SlomoJS is an attempt to make learning JavaScript and computational thinking easier by making the execution of JS code more transparent.
Traditionally, this is accomplished by peppering code with console.log
statements and/or using a debugger. However, the former approach requires lots of extra code, and the latter approach presents novice users with a complex modal user interface.
With libraries like esprima and falafel, however, we can monitor the execution of JS to do things in-browser that only debuggers are traditionally capable of.
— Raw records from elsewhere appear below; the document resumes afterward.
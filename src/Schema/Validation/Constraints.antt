-- ===== src/Schema/Validation/Constraints.antt =====
-- src/schema/validation.rs: the checks of a column's constraints.
use Prim.Native.String.{String}
use dirbase.Prelude.{
  Bool, true, false, not, ◌&&◌, ◌||◌, Option, none, some, List, [], ◌∷◌, Ordering, ltb,
  if◌then◌else◌, is_some, is_some_and, and_then,
}
use dirbase.Error.{Result, ok, err, ◌>>◌}
use dirbase.Json.{as_str}
use dirbase.Runtime.{Runtime, Value, as_f64}
use dirbase.Text.{format}
use dirbase.Schema.Types.{
  ColumnType, ColumnSchema, label, column_type_eq, is_string_backed, is_numeric_like,
  is_orderable_with_bounds,
}
use dirbase.Schema.Relations.{contains_name}

-- The start of every message, and the early return with one.
abbrev about : String → String → List String → String
about table_name column_name rest =
    format ("table '" ∷ table_name ∷ "' column '" ∷ column_name ∷ "' declares " ∷ rest)

abbrev refuse_if : Bool → String → Result (Unit {0}) String
refuse_if true message = err message
refuse_if false message = ok tt

abbrev is_some_gt : Option Ordering → Bool
is_some_gt (some Ordering.gt) = true
is_some_gt _ = false

-- The loop over the values of an enumeration.
no_duplicate_value : String → String → List String → List String → Result (Unit {0}) String
no_duplicate_value table_name column_name seen [] = ok tt
no_duplicate_value table_name column_name seen (value ∷ values) =
    if contains_name seen value
    then err (about table_name column_name ("duplicate enum value '" ∷ value ∷ "'" ∷ []))
    else no_duplicate_value table_name column_name (value ∷ seen) values

abbrev is_nil : List String → Bool
is_nil [] = true
is_nil (value ∷ values) = false

module _ ⦃rt : Runtime⦄ where
  validate_enum : String → String → ColumnSchema → Option (List String) → Result (Unit {0}) String
  unfolding no_duplicate_value
  validate_enum table_name column_name column none = ok tt
  validate_enum table_name column_name column (some values) = do
    refuse_if (not (column_type_eq column.column_type ColumnType.string))
        (about table_name column_name ("enum_values on non-string type" ∷ []))
    refuse_if (is_nil values) (about table_name column_name ("empty enum_values" ∷ []))
    no_duplicate_value table_name column_name [] values

  -- The text of a date or an instant, and what its parser says.
  bound_text :
      String
      → String
      → String
      → Option String
      → (String → Bool)
      → (String → String)
      → Result (Unit {0}) String
  bound_text table_name column_name bound_name none parses message =
      err (about table_name column_name ("non-string " ∷ bound_name ∷ []))
  bound_text table_name column_name bound_name (some text) parses message =
      refuse_if (not (parses text))
        (about table_name column_name ("invalid " ∷ bound_name ∷ ": " ∷ message text ∷ []))

  bound_of_type : String → String → String → Value → ColumnType → Result (Unit {0}) String
  unfolding bound_text
  bound_of_type table_name column_name bound_name value ColumnType.date =
      bound_text table_name column_name bound_name (as_str value)
        (λ text. is_some (rt.parse_date text)) rt.date_error
  bound_of_type table_name column_name bound_name value ColumnType.datetime =
      bound_text table_name column_name bound_name (as_str value)
        (λ text. is_some (rt.parse_rfc3339 text)) rt.rfc3339_error
  bound_of_type table_name column_name bound_name value t =
      if is_numeric_like t
      then refuse_if (not (is_some (as_f64 value)))
          (about table_name column_name ("non-numeric " ∷ bound_name ∷ []))
      else ok tt

  unfoldable pub validate_bound_value :
      String → String → ColumnType → String → Option Value → Result (Unit {0}) String
  unfolding bound_of_type
  validate_bound_value table_name column_name column_type bound_name none = ok tt
  validate_bound_value table_name column_name column_type bound_name (some value) =
      bound_of_type table_name column_name bound_name value column_type

  compare_dates : Option rt.Date → Option rt.Date → Option Ordering
  compare_dates left right = and_then left (λ l. and_then right (λ r. some (rt.date_cmp l r)))

  compare_instants : Option rt.Instant → Option rt.Instant → Option Ordering
  compare_instants left right = and_then left (λ l. and_then right (λ r. some (rt.instant_cmp l r)))

  unfoldable pub compare_bound_values : ColumnType → Value → Value → Option Ordering
  unfolding compare_dates compare_instants
  compare_bound_values ColumnType.date left right =
      compare_dates (and_then (as_str left) rt.parse_date) (and_then (as_str right) rt.parse_date)
  compare_bound_values ColumnType.datetime left right =
      compare_instants (and_then (as_str left) rt.parse_rfc3339)
        (and_then (as_str right) rt.parse_rfc3339)
  compare_bound_values t left right =
      if is_numeric_like t
      then and_then (as_f64 left) (λ l. and_then (as_f64 right) (λ r. rt.float_cmp l r))
      else none

  both : {A : Type 0} → Option A → Option A → (A → A → Bool) → Bool
  both left right test = is_some_and left (λ l. is_some_and right (λ r. test l r))

  abbrev pattern_result : String → String → Option String → Result (Unit {0}) String
  pattern_result table_name column_name none = ok tt
  pattern_result table_name column_name (some message) =
      err (about table_name column_name ("invalid pattern: " ∷ message ∷ []))

  validate_pattern : String → String → ColumnSchema → Option String → Result (Unit {0}) String
  validate_pattern table_name column_name column none = ok tt
  validate_pattern table_name column_name column (some pattern) = do
    refuse_if (not (is_string_backed column.column_type)) (
        about table_name column_name
          ("pattern on unsupported type '" ∷ label column.column_type ∷ "'" ∷ []))
    pattern_result table_name column_name (rt.regex_error pattern)

  unfoldable pub validate_column_constraints :
      String → String → ColumnSchema → Result (Unit {0}) String
  unfolding validate_enum validate_bound_value compare_bound_values both validate_pattern
  validate_column_constraints table_name column_name column = do
    validate_enum table_name column_name column column.enum_values
    refuse_if
        ((is_some column.min || is_some column.max)
          && not (is_orderable_with_bounds column.column_type))
        (about table_name column_name
          ("min/max on unsupported type '" ∷ label column.column_type ∷ "'" ∷ []))
    validate_bound_value table_name column_name column.column_type "min" column.min
    validate_bound_value table_name column_name column.column_type "max" column.max
    refuse_if
        (both column.min column.max
          (λ min max. is_some_gt (compare_bound_values column.column_type min max)))
        (about table_name column_name ("min greater than max" ∷ []))
    refuse_if
        ((is_some column.min_length || is_some column.max_length)
          && not (is_string_backed column.column_type))
        (about table_name column_name
          ("length constraints on unsupported type '" ∷ label column.column_type ∷ "'" ∷ []))
    refuse_if (both column.min_length column.max_length (λ min max. ltb max min))
        (about table_name column_name ("min_length greater than max_length" ∷ []))
    validate_pattern table_name column_name column column.pattern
This allows us to potentially create innovative new solutions provide significant insight to the execution of running code without the hassles associated with traditional approaches--and without the need for users to install custom software.
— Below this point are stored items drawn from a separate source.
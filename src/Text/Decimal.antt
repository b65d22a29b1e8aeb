-- ===== src/Text/Decimal.antt =====
-- Decimal numerals: `to_string` of integers and `parse` into `usize`, `i64` and `bool`.
use Prim.Native.Char.{Char, code}
use dirbase.Prelude.{
  ℕ, zero, suc, ◌+◌, ◌-◌, ◌*◌, ◌/◌, ◌%◌, ◌^◌, String, Bool, true, false, ◌&&◌, Option, none, some,
  ltb, leb, ◌==◌, str_eq, if◌then◌else◌, Bool-cases, inl, inr, ◌≡◌, ◌≤◌, ◌<◌, arith,
}
use dirbase.Prelude.Int.{ℤ, pos, negsuc}

abbrev digit : ℕ → Char
digit d =
    if d == 0
    then "0"
    else if d == 1
    then "1"
    else if d == 2
    then "2"
    else if d == 3
    then "3"
    else if d == 4
    then "4"
    else if d == 5
    then "5"
    else if d == 6
    then "6"
    else if d == 7
    then "7"
    else if d == 8
    then "8"
    else "9"

-- The digits of `n` before `acc`; a number has fewer digits than its own successor.
show_from : ℕ → ℕ → String → String
show_from zero n acc = acc
show_from (suc fuel) n acc =
    let more = show_from fuel (n / 10) (String.◌∷◌ (digit (n % 10)) acc) in
    if ltb n 10 then String.◌∷◌ (digit n) acc else more

-- `n.to_string()`.
unfoldable pub show_nat : ℕ → String
unfolding show_from
show_nat n = show_from (suc n) n ""

unfoldable pub show_int : ℤ → String
unfolding show_nat
show_int (pos n) = show_nat n
show_int (negsuc n) = String.◌∷◌ "-" (show_nat (suc n))

-- The value of a text of decimal digits after those read so far.
read_from : ℕ → String → Option ℕ
read_from n String.[] = some n
read_from n (String.◌∷◌ c s) =
    let rest = read_from (n * 10 + (code c - 48)) s in
    if leb 48 (code c) && leb (code c) 57 then rest else none

read_digits : String → Option ℕ
unfolding read_from
read_digits String.[] = none
read_digits s = read_from 0 s

at_most : ℕ → Option ℕ → Option ℕ
at_most bound none = none
at_most bound (some n) = if leb n bound then some n else none

-- `text.parse::<usize>()` on a 64-bit target: an optional plus sign, then digits.
unfoldable pub parse_usize : String → Option ℕ
unfolding read_digits at_most
parse_usize String.[] = none
parse_usize (String.◌∷◌ c s) =
    if code c == b'+'
    then at_most (2 ^ 64 - 1) (read_digits s)
    else at_most (2 ^ 64 - 1) (read_digits (String.◌∷◌ c s))

negated : Option ℕ → Option ℤ
negated none = none
negated (some zero) = some (pos 0)
negated (some (suc n)) = some (negsuc n)

non_negated : Option ℕ → Option ℤ
non_negated none = none
non_negated (some n) = some (pos n)

-- `text.parse::<i64>()`: an optional sign, then digits.
unfoldable pub parse_i64 : String → Option ℤ
unfolding read_digits at_most negated non_negated
parse_i64 String.[] = none
parse_i64 (String.◌∷◌ c s) =
    if code c == b'-'
    then negated (at_most (2 ^ 63) (read_digits s))
    else if code c == b'+'
    then non_negated (at_most (2 ^ 63 - 1) (read_digits s))
    else non_negated (at_most (2 ^ 63 - 1) (read_digits (String.◌∷◌ c s)))

-- `text.parse::<bool>()`.
abbrev pub parse_bool : String → Option Bool
parse_bool s = if str_eq s "true" then some true else if str_eq s "false" then some false else none

-- `b.to_string()`.
abbrev pub show_bool : Bool → String
show_bool true = "true"
show_bool false = "false"

at_most-le : (bound : ℕ) (o : Option ℕ) (n : ℕ) → at_most bound o ≡ some n → n ≤ bound
unfolding at_most
at_most-le bound none n h = cc
at_most-le bound (some m) n h = ground arith

-- A parsed `usize` fits in 64 bits.
pub parse_usize-lt : (s : String) (n : ℕ) → parse_usize s ≡ some n → n < 2 ^ 64
unfolding parse_usize
parse_usize-lt String.[] n h = cc
parse_usize-lt (String.◌∷◌ c s) n h = elim (Bool-cases (code c == b'+')) [
  | inl plus ↦ omega (arith, at_most-le (2 ^ 64 - 1) (read_digits s) n (rw plus at h))
  | inr digits ↦
      omega (arith, at_most-le (2 ^ 64 - 1) (read_digits (String.◌∷◌ c s)) n (rw digits at h))
]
I originally wanted to use Popcorn to generate a movie of the user's code being executed, but given Edward Tufte's belief that it's usually better to have information adjacent in space rather than stacked in time--which is yet another problem with traditional debuggers--I decided to make the visualization purely spatial, rather than temporal.
Infinite loops are prevented by mangling the user's code to check running time at the beginning of each iteration of a loop, and throwing an exception if it's taking too long.
Lots of things can still be made more transparent. Getting/setting the attributes of objects, for instance.
The mangling being done by the code disables some JS semantics. All variables must be formally declared in a var
statement, for instance, and function declarations are automatically converted to var
statements with function expression initializers. Hoisting is also broken.